### Work task
Identify all lines below that hold "equal" and collect them.

### Stored data
▼▼▼

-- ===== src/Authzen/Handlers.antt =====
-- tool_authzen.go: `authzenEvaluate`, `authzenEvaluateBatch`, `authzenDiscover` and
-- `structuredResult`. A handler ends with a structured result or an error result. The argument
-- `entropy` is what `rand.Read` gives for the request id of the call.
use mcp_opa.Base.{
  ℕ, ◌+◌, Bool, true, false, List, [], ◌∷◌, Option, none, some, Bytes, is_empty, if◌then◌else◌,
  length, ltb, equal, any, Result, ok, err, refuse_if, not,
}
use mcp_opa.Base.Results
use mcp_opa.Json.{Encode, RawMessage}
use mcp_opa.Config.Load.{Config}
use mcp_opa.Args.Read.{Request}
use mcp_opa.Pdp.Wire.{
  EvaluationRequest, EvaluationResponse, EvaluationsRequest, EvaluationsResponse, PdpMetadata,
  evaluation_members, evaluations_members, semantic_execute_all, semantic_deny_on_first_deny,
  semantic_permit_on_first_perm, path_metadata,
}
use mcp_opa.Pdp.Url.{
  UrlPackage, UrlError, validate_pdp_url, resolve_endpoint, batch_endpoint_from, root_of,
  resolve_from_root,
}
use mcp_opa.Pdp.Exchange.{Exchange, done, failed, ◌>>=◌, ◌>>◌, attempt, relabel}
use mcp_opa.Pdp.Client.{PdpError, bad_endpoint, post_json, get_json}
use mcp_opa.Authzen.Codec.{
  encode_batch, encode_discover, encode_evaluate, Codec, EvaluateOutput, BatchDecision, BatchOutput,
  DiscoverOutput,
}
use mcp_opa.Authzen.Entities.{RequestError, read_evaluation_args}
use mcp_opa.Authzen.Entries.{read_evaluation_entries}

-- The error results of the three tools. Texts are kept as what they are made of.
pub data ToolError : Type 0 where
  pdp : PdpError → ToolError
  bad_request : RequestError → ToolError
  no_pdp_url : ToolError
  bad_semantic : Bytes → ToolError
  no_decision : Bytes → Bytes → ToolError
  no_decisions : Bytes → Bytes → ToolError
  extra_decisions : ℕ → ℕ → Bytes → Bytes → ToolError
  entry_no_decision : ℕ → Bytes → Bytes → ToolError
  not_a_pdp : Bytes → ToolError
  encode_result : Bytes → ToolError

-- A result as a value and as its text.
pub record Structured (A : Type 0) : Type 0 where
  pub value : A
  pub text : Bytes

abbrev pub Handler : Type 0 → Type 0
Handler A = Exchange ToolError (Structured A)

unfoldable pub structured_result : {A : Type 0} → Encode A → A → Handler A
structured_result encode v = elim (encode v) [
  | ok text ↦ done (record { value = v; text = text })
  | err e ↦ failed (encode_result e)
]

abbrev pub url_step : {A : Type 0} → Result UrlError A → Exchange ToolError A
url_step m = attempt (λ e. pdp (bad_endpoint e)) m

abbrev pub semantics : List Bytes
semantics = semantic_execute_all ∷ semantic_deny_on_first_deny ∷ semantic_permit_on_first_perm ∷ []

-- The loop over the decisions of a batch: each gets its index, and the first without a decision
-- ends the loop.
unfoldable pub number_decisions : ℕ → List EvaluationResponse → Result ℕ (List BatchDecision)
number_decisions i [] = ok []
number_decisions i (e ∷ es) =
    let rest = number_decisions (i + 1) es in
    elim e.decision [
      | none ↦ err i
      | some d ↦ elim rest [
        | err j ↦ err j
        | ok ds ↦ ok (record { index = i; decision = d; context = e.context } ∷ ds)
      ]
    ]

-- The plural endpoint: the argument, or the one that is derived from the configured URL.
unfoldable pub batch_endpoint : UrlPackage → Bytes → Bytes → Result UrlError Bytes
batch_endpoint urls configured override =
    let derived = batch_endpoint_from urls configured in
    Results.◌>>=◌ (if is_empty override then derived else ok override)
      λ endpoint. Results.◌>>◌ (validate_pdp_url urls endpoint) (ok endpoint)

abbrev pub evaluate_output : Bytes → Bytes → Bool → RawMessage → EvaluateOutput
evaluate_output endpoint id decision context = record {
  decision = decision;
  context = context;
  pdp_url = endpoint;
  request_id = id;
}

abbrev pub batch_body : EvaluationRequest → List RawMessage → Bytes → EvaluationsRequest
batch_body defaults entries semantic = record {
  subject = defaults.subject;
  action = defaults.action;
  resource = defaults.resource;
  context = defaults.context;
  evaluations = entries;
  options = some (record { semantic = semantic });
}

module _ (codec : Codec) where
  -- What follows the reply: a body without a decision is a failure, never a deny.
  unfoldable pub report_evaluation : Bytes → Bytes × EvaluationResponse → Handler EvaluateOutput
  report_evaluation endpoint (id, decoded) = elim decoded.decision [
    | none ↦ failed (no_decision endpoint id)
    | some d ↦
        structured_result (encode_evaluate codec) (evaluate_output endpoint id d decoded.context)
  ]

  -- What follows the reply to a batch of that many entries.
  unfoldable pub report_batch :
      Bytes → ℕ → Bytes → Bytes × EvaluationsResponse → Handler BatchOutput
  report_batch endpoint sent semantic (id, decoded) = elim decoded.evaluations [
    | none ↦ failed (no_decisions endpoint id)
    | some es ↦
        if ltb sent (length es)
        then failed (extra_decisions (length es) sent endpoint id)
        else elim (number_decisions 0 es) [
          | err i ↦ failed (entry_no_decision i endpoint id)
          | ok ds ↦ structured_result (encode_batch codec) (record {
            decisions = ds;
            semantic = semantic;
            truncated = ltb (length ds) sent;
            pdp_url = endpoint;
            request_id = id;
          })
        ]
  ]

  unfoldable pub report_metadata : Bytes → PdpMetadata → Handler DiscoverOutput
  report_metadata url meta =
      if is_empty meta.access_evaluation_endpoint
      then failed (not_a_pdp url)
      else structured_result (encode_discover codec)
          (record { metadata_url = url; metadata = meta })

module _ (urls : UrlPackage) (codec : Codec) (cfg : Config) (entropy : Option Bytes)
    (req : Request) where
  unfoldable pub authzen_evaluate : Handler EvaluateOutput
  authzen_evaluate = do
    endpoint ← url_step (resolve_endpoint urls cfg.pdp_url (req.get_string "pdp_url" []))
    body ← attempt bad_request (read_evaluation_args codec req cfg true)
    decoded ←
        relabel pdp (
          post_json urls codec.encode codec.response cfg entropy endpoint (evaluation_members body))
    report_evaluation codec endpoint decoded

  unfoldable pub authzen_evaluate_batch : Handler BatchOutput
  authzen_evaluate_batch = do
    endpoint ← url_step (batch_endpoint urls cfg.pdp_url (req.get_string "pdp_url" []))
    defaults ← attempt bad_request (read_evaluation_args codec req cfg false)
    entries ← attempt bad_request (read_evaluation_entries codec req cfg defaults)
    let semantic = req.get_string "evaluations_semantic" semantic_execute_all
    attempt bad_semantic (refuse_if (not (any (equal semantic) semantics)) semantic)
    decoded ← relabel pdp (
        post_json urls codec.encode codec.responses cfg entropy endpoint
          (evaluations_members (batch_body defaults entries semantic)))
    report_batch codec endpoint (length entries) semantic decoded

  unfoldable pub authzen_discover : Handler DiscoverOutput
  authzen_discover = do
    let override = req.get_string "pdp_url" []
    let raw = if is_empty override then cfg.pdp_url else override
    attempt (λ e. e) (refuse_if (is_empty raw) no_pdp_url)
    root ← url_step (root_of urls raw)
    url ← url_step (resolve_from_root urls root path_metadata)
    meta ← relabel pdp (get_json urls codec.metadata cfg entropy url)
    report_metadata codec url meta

▲▲▲
▼▼▼

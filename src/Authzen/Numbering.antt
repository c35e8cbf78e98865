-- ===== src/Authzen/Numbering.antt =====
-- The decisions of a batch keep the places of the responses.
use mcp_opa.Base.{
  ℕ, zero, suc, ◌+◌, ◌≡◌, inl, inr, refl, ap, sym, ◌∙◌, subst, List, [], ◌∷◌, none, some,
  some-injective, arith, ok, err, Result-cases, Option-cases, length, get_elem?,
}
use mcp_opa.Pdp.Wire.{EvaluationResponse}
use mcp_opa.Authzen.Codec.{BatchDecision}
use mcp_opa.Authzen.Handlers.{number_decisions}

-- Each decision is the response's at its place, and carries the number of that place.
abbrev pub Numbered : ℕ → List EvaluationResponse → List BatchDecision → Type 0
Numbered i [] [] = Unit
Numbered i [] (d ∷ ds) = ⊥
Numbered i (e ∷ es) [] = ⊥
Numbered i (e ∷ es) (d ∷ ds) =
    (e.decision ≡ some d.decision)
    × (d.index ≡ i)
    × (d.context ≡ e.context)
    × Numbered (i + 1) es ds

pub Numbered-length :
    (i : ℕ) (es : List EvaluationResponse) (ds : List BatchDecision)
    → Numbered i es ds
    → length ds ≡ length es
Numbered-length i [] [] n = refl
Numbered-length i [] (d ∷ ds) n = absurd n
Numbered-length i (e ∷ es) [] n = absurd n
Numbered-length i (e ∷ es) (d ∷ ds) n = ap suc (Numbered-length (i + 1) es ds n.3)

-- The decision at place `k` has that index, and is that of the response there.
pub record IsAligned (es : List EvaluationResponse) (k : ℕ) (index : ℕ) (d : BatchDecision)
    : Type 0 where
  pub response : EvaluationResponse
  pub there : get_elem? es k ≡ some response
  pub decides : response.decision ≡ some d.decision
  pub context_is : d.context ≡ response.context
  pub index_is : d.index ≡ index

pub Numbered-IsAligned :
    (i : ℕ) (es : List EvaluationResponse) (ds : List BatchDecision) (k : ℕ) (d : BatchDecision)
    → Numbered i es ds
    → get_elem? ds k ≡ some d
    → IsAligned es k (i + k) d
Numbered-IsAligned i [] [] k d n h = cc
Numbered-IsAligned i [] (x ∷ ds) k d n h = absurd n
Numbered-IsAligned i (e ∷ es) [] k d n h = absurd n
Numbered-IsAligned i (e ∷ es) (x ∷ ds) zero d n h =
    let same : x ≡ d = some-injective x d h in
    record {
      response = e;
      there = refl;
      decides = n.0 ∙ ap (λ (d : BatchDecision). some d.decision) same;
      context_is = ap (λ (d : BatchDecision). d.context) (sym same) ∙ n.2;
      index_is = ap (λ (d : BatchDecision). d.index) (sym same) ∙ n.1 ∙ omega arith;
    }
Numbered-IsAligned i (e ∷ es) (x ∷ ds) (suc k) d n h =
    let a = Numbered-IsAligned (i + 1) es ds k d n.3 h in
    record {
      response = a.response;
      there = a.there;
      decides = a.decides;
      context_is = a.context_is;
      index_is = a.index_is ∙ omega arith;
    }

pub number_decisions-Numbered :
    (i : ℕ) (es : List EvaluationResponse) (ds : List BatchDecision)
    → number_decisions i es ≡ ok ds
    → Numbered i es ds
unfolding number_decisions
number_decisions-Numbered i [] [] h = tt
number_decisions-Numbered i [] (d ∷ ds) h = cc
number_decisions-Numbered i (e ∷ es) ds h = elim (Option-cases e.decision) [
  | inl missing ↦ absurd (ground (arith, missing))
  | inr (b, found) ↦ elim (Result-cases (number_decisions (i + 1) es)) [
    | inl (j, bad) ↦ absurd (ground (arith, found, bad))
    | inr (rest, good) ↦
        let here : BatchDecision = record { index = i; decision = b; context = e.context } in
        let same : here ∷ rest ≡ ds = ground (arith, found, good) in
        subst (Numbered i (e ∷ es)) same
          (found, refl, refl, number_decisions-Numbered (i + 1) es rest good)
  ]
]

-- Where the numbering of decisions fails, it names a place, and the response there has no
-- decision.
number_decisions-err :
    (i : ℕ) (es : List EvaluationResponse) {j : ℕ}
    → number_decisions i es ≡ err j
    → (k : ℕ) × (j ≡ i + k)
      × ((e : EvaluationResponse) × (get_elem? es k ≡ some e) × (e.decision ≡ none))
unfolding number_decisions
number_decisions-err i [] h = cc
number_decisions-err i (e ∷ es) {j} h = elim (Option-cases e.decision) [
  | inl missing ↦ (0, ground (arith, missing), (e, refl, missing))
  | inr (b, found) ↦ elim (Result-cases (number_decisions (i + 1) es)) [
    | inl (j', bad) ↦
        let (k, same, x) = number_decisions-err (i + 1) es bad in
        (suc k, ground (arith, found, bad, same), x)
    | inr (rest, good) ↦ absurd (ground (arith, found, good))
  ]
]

▲▲▲

### Solved problem
  length, ltb, equal, any, Result, ok, err, refuse_if, not,
    attempt bad_semantic (refuse_if (not (any (equal semantic) semantics)) semantic)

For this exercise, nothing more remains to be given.